• **DIRECTIONS**
Show me each line of the listing below where the word "NodeUnstageVolume" appears.
Start of EXTRACTED INFORMATION
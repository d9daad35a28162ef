-- ===== src/Node/Devices.antt =====
-- The device that a request to the node is about, and the type of its file system.
use Prim.Native.String.{len, slice}
use exoscale_csi_driver.Base.{
  String, ◌<>◌, sym, ap, ◌∙◌, leb, ok-injective, lift-ok_elim, >>=-ok_elim, ◌≡◌, refl, ◌≢◌, ◌⊎◌,
  inl, inr, str_eq, str_eq_iff, Bool-cases, ne_of_str_eq-false, Result, ok,
}
use exoscale_csi_driver.Helpers.{get_exoscale_id}
use exoscale_csi_driver.Os.{Os}
use exoscale_csi_driver.Disk.Paths.{join_path}
use exoscale_csi_driver.Disk.Utils.{
  dev_disk_by_id, dev_disk_prefix, dev_disk_id_length, dev_disk_id, is_block_mode, get_device_path,
  with_default_type,
}

-- The path is the one that GetDevicePath has found for the volume that the identifier names: it is
-- named after the first 20 bytes of the volume's ID.
abbrev pub DeviceOf : (O : Os) → (String → Result String) → String → String → Type 0
DeviceOf O parse_uuid exo_id device_path =
    (zone : String) × (volume_id : String) × (w : O.State) × (w' : O.State) × (get_exoscale_id
        parse_uuid exo_id
      ≡ ok (zone, volume_id))
    × (get_device_path O volume_id w ≡ (ok device_path, w'))
    × (device_path ≡ join_path "/dev/disk/by-id" ("virtio-" <> slice volume_id 0 20))

dev_disk_id-eq_ok :
    (volume_id : String) {id : String} → dev_disk_id volume_id ≡ ok id → slice volume_id 0 20 ≡ id
unfolding dev_disk_id
dev_disk_id-eq_ok volume_id h = elim (Bool-cases (leb dev_disk_id_length (len volume_id))) [
  | inl long ↦ ok-injective (rw long at h)
  | inr short ↦ absurd (cc (rw short at h))
]

get_device_path-eq_ok :
    (O : Os) (volume_id : String) (w : O.State) {device_path : String} {w' : O.State}
    → get_device_path O volume_id w ≡ (ok device_path, w')
    → device_path ≡ join_path "/dev/disk/by-id" ("virtio-" <> slice volume_id 0 20)
unfolding get_device_path
get_device_path-eq_ok O volume_id w h = lift-ok_elim (dev_disk_id volume_id) _ w h λ id cut h₁.
    let path = join_path dev_disk_by_id (dev_disk_prefix <> id) in
    >>=-ok_elim (O.eval_symlinks path) _ w h₁ λ real w₁ resolved h₂.
      >>=-ok_elim (O.stat real) _ w₁ h₂ λ mode w₂ stat h₃. elim (Bool-cases (is_block_mode mode)) [
        | inl device ↦
            sym (ok-injective (ap (λ p. p.0) (rw device at h₃)))
            ∙ ap (λ t. join_path "/dev/disk/by-id" ("virtio-" <> t))
                (sym (dev_disk_id-eq_ok volume_id cut))
        | inr other ↦ absurd (cc (rw other at h₃))
      ]

pub found_device :
    (O : Os) (parse_uuid : String → Result String) (exo_id : String) (x : String × String)
    (w w' : O.State) {device_path : String}
    → get_exoscale_id parse_uuid exo_id ≡ ok x
    → get_device_path O x.1 w ≡ (ok device_path, w')
    → DeviceOf O parse_uuid exo_id device_path
found_device O parse_uuid exo_id x w w' read found =
    (x.0, x.1, w, w', read, found, get_device_path-eq_ok O x.1 w found)

-- The type is the one that is given, or ext4 where none is.
abbrev pub FsType : String → String → Type 0
FsType given fs_type = ((given ≡ "") × (fs_type ≡ "ext4")) ⊎ ((given ≢ "") × (fs_type ≡ given))

pub with_default_type-FsType : (given : String) → FsType given (with_default_type given)
with_default_type-FsType given = elim (Bool-cases (str_eq given "")) [
  | inl none_given ↦ inl ((str_eq_iff given "").0 none_given, rw none_given refl)
  | inr some_given ↦ inr (ne_of_str_eq-false given "" some_given, rw some_given refl)
]
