-- ===== src/Node/Staging.antt =====
-- NodeStageVolume and NodeUnstageVolume.
pub mod Mounts
pub mod Repeated
use exoscale_csi_driver.Base.{
  zero, suc, String, not, Option, none, some, if◌then◌else◌, is_not_exist, Error, Result, Action,
  pure, fail, lift, proceed, handle, ◌>>=◌, ◌>>◌, or_else, internal_error, invalid_argument,
  not_found, unknown, status, no_args, text_arg, texts_arg, error_arg, ok, err, panic,
}
use exoscale_csi_driver.Csi.{AccessType, block, mount, MountVolume, VolumeCapability}
use exoscale_csi_driver.Helpers.{get_exoscale_id, validate_volume_capability}
use exoscale_csi_driver.Os.{Os}
use exoscale_csi_driver.Disk.Utils.{
  get_device_path, is_shared_mounted, is_block_device, format_and_mount, unmount,
}
use exoscale_csi_driver.Node.{require_path}

pub record StageRequest : Type 0 where
  pub volume_id : String
  pub staging_target_path : String
  pub volume_capability : Option VolumeCapability

pub record UnstageRequest : Type 0 where
  pub volume_id : String
  pub staging_target_path : String

-- `volumeCapability == nil`, then `validateVolumeCapability`, whose error is replaced.
unfoldable pub required_capability :
    String → (Error → Error) → Option VolumeCapability → Result VolumeCapability
unfolding validate_volume_capability
required_capability message refused none = err (status invalid_argument message no_args)
required_capability message refused (some c) = elim (validate_volume_capability (some c)) [
  | ok _ ↦ ok c
  | err e ↦ err (refused e)
  | panic p ↦ panic p
]

-- The errors of NodeStageVolume and NodeUnstageVolume.
abbrev pub format_failed : String → String → MountVolume → Error → Error
format_failed staging_target_path device_path m e =
    status internal_error
      "format and mount device from (%q) to (%q) with fstype (%q) and options (%q): %v"
      (text_arg device_path (
        text_arg staging_target_path
          (text_arg m.fs_type (texts_arg m.mount_flags (error_arg e no_args)))))

abbrev pub staging_check_failed : String → String → Error → Error
staging_check_failed volume_id staging_target_path e =
    status internal_error "checking mount point of volume %s on path %s: %s"
      (text_arg volume_id (text_arg staging_target_path (error_arg e no_args)))

abbrev pub stat_failed : String → Error → Error
stat_failed path e =
    status internal_error "error checking stat for %s: %s" (text_arg path (error_arg e no_args))

abbrev pub stage_refused : String → Error → Error
stage_refused exo_id e =
    status invalid_argument "volume %s capability not supported" (text_arg exo_id no_args)

abbrev pub unstage_check_failed : Error → Error
unstage_check_failed e =
    status internal_error "error checking if target is mounted: %s" (error_arg e no_args)

abbrev pub unmount_failed : Error → Error
unmount_failed e = status internal_error "error unmounting target path: %s" (error_arg e no_args)

-- A device that is not there counts as unstaged; a staging path that is not there does not.
unfoldable pub unstage_without_device : {W : Type 0} → String → Error → Action W (Unit {0})
unstage_without_device volume_id e =
    if is_not_exist e
    then pure tt
    else fail (
        status internal_error "error getting device path for volume %s: %s"
          (text_arg volume_id (error_arg e no_args)))

unfoldable pub unstage_without_path : {W : Type 0} → String → Error → Action W (Unit {0})
unstage_without_path volume_id e =
    if is_not_exist e
    then fail (status not_found "volume %s not found on node" (text_arg volume_id no_args))
    else pure tt

module _ (O : Os) where
  -- The answer for a path on which the volume is mounted already.
  unfoldable pub already_staged : String → String → Action O.State (Unit {0})
  unfolding is_block_device
  already_staged staging_target_path volume_id = do
    block_device ← or_else (is_block_device O staging_target_path) (stat_failed staging_target_path)
    (if block_device
        then fail (
            status unknown "block device mounted as stagingTargetPath %s for volume %s"
              (text_arg staging_target_path (text_arg volume_id no_args)))
        else pure tt)

  unfoldable pub stage_mount : String → String → AccessType → Action O.State (Unit {0})
  unfolding format_and_mount
  stage_mount staging_target_path device_path (mount m) =
      or_else (format_and_mount O staging_target_path device_path m.fs_type m.mount_flags)
        (format_failed staging_target_path device_path m)
  stage_mount staging_target_path device_path _ =
      fail (status invalid_argument "mount volume capability is nil" no_args)

  unfoldable pub stage_unless_mounted :
      String → String → String → AccessType → Action O.State (Unit {0})
  unfolding is_shared_mounted already_staged stage_mount
  stage_unless_mounted staging_target_path volume_id device_path access_type = do
    is_mounted ←
        or_else (is_shared_mounted O staging_target_path device_path)
          (staging_check_failed volume_id staging_target_path)
    (if is_mounted
        then already_staged staging_target_path volume_id
        else stage_mount staging_target_path device_path access_type)

  -- The rest of NodeStageVolume, once the device is known. A block volume is not mounted.
  unfoldable pub stage_device : String → String → String → AccessType → Action O.State (Unit {0})
  unfolding stage_unless_mounted
  stage_device staging_target_path volume_id device_path block = pure tt
  stage_device staging_target_path volume_id device_path access_type =
      stage_unless_mounted staging_target_path volume_id device_path access_type

  unfoldable pub stage_device_path : String → Action O.State String
  unfolding get_device_path
  stage_device_path volume_id = or_else (get_device_path O volume_id) λ e.
      if is_not_exist e
      then status not_found "volume %s is not mounted on node" (text_arg volume_id no_args)
      else status internal_error "get device path for volume %s: %s"
          (text_arg volume_id (error_arg e no_args))

  -- The rest of NodeUnstageVolume, once the device is found. An error of os.Stat other than
  -- "not exist" is passed over.
  unfoldable pub unstage_path : String → String → Action O.State (Unit {0})
  unfolding is_shared_mounted unmount unstage_without_path
  unstage_path staging_target_path volume_id = do
    handle (O.stat staging_target_path) (unstage_without_path volume_id) (λ _. pure tt)
    is_mounted ← or_else (is_shared_mounted O staging_target_path "") unstage_check_failed
    (if is_mounted then or_else (unmount O staging_target_path) unmount_failed else pure tt)

  module _ (parse_uuid : String → Result String) where
    unfoldable pub node_stage_volume : StageRequest → Action O.State (Unit {0})
    unfolding required_capability stage_device_path stage_device
    node_stage_volume req = do
      require_path invalid_argument "stagingTargetPath not provided" req.staging_target_path
      c ← lift (
          required_capability "volumeCapability not provided" (stage_refused req.volume_id)
            req.volume_capability)
      (_, volume_id) ← lift (get_exoscale_id parse_uuid req.volume_id)
      device_path ← stage_device_path volume_id
      stage_device req.staging_target_path volume_id device_path c.access_type

    unfoldable pub node_unstage_volume : UnstageRequest → Action O.State (Unit {0})
    unfolding get_device_path unstage_without_device unstage_path
    node_unstage_volume req = do
      (_, volume_id) ← lift (get_exoscale_id parse_uuid req.volume_id)
      require_path invalid_argument "stagingTargetPath not provided" req.staging_target_path
      handle (get_device_path O volume_id) (unstage_without_device volume_id)
          (λ _. unstage_path req.staging_target_path volume_id)
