-- ===== src/Node/Publishing.antt =====
-- NodePublishVolume and NodeUnpublishVolume, and createMountPoint of driver/helpers.go.
pub mod Mounts
use exoscale_csi_driver.Base.{
  ℤ, pos, negsuc, eqb_ℤ, Bool, true, false, not, ◌&&◌, ◌||◌, String, str_eq, Option, none, some,
  List, [], ◌∷◌, ◌++◌, if◌then◌else◌, already_exists, failed_precondition, invalid_argument,
  not_found, internal_error, status, no_args, text_arg, error_arg, is_not_exist, Error, Result,
  Action, pure, fail, lift, handle, or_else, ◌>>=◌, ◌>>◌,
}
use exoscale_csi_driver.Csi.{AccessType, no_access_type, block, mount, VolumeCapability}
use exoscale_csi_driver.Helpers.{get_exoscale_id}
use exoscale_csi_driver.Os.{Os}
use exoscale_csi_driver.Disk.Paths.{dir}
use exoscale_csi_driver.Disk.MountInfo.{MountInfo}
use exoscale_csi_driver.Disk.Utils.{
  get_device_path, is_shared_mounted, is_block_device, get_mount_info, mount_to_target, unmount,
}
use exoscale_csi_driver.Node.{require_path}
use exoscale_csi_driver.Node.Staging.{required_capability}

pub record PublishRequest : Type 0 where
  pub volume_id : String
  pub staging_target_path : String
  pub target_path : String
  pub volume_capability : Option VolumeCapability
  pub read_only : Bool

-- `GetBlock() != nil` and `GetMount() != nil`
abbrev pub is_block : AccessType → Bool
is_block block = true
is_block _ = false

abbrev pub is_mount : AccessType → Bool
is_mount (mount _) = true
is_mount _ = false

-- The first of the options "rw" and "ro" decides.
unfoldable pub has_ro : List String → Bool
has_ro [] = false
has_ro (opt ∷ opts) =
    if str_eq opt "rw" then false else if str_eq opt "ro" then true else has_ro opts

unfoldable pub is_read_only : Option MountInfo → Bool
unfolding has_ro
is_read_only none = false
is_read_only (some info) = has_ro info.mount_options

-- What is mounted on the target: the source, the type and the flags of the request.
unfoldable pub mount_flags : AccessType → List String
mount_flags (mount m) = m.mount_flags
mount_flags _ = []

unfoldable pub mount_type : AccessType → String
mount_type (mount m) = m.fs_type
mount_type _ = ""

unfoldable pub mount_source : String → String → AccessType → String
mount_source device_path staging_target_path (mount _) = staging_target_path
mount_source device_path staging_target_path block = device_path
mount_source device_path staging_target_path no_access_type = ""

unfoldable pub mount_options : AccessType → Bool → List String
unfolding mount_flags
mount_options access_type read_only =
    (mount_flags access_type ++ "bind" ∷ []) ++ (if read_only then "ro" ∷ [] else [])

-- The errors of NodePublishVolume.
abbrev pub create_failed : PublishRequest → String → Error → Error
create_failed req volume_id e =
    status internal_error "error creating mount point %s for volume with ID %s"
      (text_arg req.target_path (text_arg volume_id no_args))

abbrev pub mount_failed : PublishRequest → String → AccessType → Error → Error
mount_failed req source access_type e =
    status internal_error "error mounting source %s to target %s with fs of type %s : %s" (
      text_arg source
        (text_arg req.target_path (text_arg (mount_type access_type) (error_arg e no_args))))

abbrev pub check_failed : PublishRequest → String → Error → Error
check_failed req volume_id e =
    status internal_error "error checking mount point of volume %s on path %s: %v"
      (text_arg volume_id (text_arg req.staging_target_path (error_arg e no_args)))

abbrev pub capability_refused : Error → Error
capability_refused e =
    status invalid_argument "volumeCapability not supported: %s" (error_arg e no_args)

abbrev pub device_missing : String → Error → Error
device_missing volume_id e =
    status not_found "volume %s not found: %s" (text_arg volume_id (error_arg e no_args))

abbrev open_failed : String → Error → Error
open_failed device_path e =
    status internal_error "error opening block device %s: %s"
      (text_arg device_path (error_arg e no_args))

module _ (O : Os) where
  -- A deferred close: its error is dropped.
  close_fd : ℤ → Action O.State (Unit {0})
  close_fd fd = handle (O.close fd) (λ _. pure tt) pure

  -- `m` with the descriptor closed behind it, whether it fails or not.
  closing : {B : Type 0} → ℤ → Action O.State B → Action O.State B
  unfolding close_fd
  closing fd m = handle m (λ e. do close_fd fd; fail e) (λ b. do close_fd fd; pure b)

  unfoldable pub create_mount_point : String → Bool → Action O.State (Unit {0})
  unfolding dir
  create_mount_point path file = do
    handle (O.stat path) (λ e. if is_not_exist e then pure tt else fail e) (λ _. pure tt)
    (if file
        then (do
          O.mkdir_all (dir path) 0o755
          f ← O.create_file path 0o644
          handle (O.close_file f) (λ _. pure tt) pure)
        else O.mkdir_all path 0o755)

  -- The read-only flag of the device; a descriptor that was not opened is -1.
  unfoldable pub device_read_only : String → Action O.State Bool
  unfolding closing
  device_read_only device_path =
      handle (O.openat device_path)
        (λ e. closing (negsuc 0) (
          fail (
            status internal_error "error opening block device %s: %s"
              (text_arg device_path (error_arg e no_args)))))
        (λ fd. closing fd do
          ro ← or_else (O.blkroget fd) λ e.
              status internal_error "error getting BLKROGET for block device %s: %s"
                (text_arg device_path (error_arg e no_args))
          pure (eqb_ℤ ro (pos 1)))

  abbrev close_and_fail : String → ℤ → Error → Action O.State (Unit {0})
  unfolding close_fd
  close_and_fail device_path fd e = do
    close_fd fd
    fail (
        status internal_error "error setting BLKROSET for block device %s: %s"
          (text_arg device_path (error_arg e no_args)))

  unfoldable pub set_device_read_only : String → Action O.State (Unit {0})
  unfolding close_fd
  set_device_read_only device_path = do
    fd ← or_else (O.openat device_path) (open_failed device_path)
    handle (O.blkroset fd (pos 1)) (close_and_fail device_path fd) (λ _. close_fd fd)

  same_block_mode : PublishRequest → String → String → Action O.State (Unit {0})
  unfolding device_read_only
  same_block_mode req volume_id device_path = do
    ro ← device_read_only device_path
    (if (ro && req.read_only) || (not ro && not req.read_only)
        then pure tt
        else fail (
            status already_exists "volume %s does not match the given mount mode for the request"
              (text_arg volume_id no_args)))

  same_mount_mode : PublishRequest → String → Action O.State (Unit {0})
  unfolding get_mount_info is_read_only
  same_mount_mode req volume_id = do
    mount_info ← or_else (get_mount_info O req.target_path) λ e.
        status internal_error "error getting mount information of path %s: %s"
          (text_arg req.target_path (error_arg e no_args))
    (if (is_read_only mount_info && req.read_only)
          || (not (is_read_only mount_info) && not req.read_only)
        then pure tt
        else fail (
            status already_exists
              "volume with ID %s does not match the given mount mode for the request"
              (text_arg volume_id no_args)))

  -- The answer for a target on which something is mounted already.
  unfoldable pub already_published :
      PublishRequest → String → String → AccessType → Action O.State (Unit {0})
  unfolding is_block_device same_block_mode same_mount_mode
  already_published req volume_id device_path access_type = do
    block_device ← or_else (is_block_device O req.target_path) λ e.
        status internal_error "error checking stat for %s: %s"
          (text_arg req.target_path (error_arg e no_args))
    (if (block_device && is_mount access_type) || (not block_device && is_block access_type)
        then fail (status already_exists "cannot change volumeCapability type" no_args)
        else if is_block access_type
        then same_block_mode req volume_id device_path
        else same_mount_mode req volume_id)

  -- The mount itself, for a target on which nothing is mounted.
  unfoldable pub publish_mount :
      PublishRequest → String → String → AccessType → Action O.State (Unit {0})
  unfolding set_device_read_only create_mount_point mount_to_target mount_source mount_type
      mount_options
  publish_mount req volume_id device_path access_type = do
    (if is_block access_type && req.read_only then set_device_read_only device_path else pure tt)
    or_else (create_mount_point req.target_path (is_block access_type))
        (create_failed req volume_id)
    let source = mount_source device_path req.staging_target_path access_type
    or_else
        (mount_to_target O source req.target_path (mount_type access_type)
          (mount_options access_type req.read_only))
        (mount_failed req source access_type)

  unfoldable pub publish_device :
      PublishRequest → String → String → AccessType → Action O.State (Unit {0})
  unfolding is_shared_mounted already_published publish_mount
  publish_device req volume_id device_path access_type = do
    is_mounted ←
        or_else (is_shared_mounted O req.target_path device_path) (check_failed req volume_id)
    (if is_mounted
        then already_published req volume_id device_path access_type
        else publish_mount req volume_id device_path access_type)

  unfoldable pub node_publish_volume :
      (String → Result String) → PublishRequest → Action O.State (Unit {0})
  unfolding required_capability get_device_path publish_device
  node_publish_volume parse_uuid req = do
    (_, volume_id) ← lift (get_exoscale_id parse_uuid req.volume_id)
    require_path invalid_argument "targetPath not provided" req.target_path
    c ← lift (
        required_capability "volumeCapability not provided" capability_refused
          req.volume_capability)
    require_path failed_precondition "stagingTargetPath not provided" req.staging_target_path
    device_path ← or_else (get_device_path O volume_id) (device_missing volume_id)
    publish_device req volume_id device_path c.access_type

  unfoldable pub node_unpublish_volume : String → Action O.State (Unit {0})
  unfolding unmount
  node_unpublish_volume target_path = do
    require_path invalid_argument "targetPath not provided" target_path
    or_else (unmount O target_path)
        λ e. status internal_error "error unmounting target path: %s" (error_arg e no_args)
End of EXTRACTED INFORMATION
• **ANSWER SECTION**
-- NodeStageVolume and NodeUnstageVolume.
-- The errors of NodeStageVolume and NodeUnstageVolume.
  -- The rest of NodeUnstageVolume, once the device is found. An error of os.Stat other than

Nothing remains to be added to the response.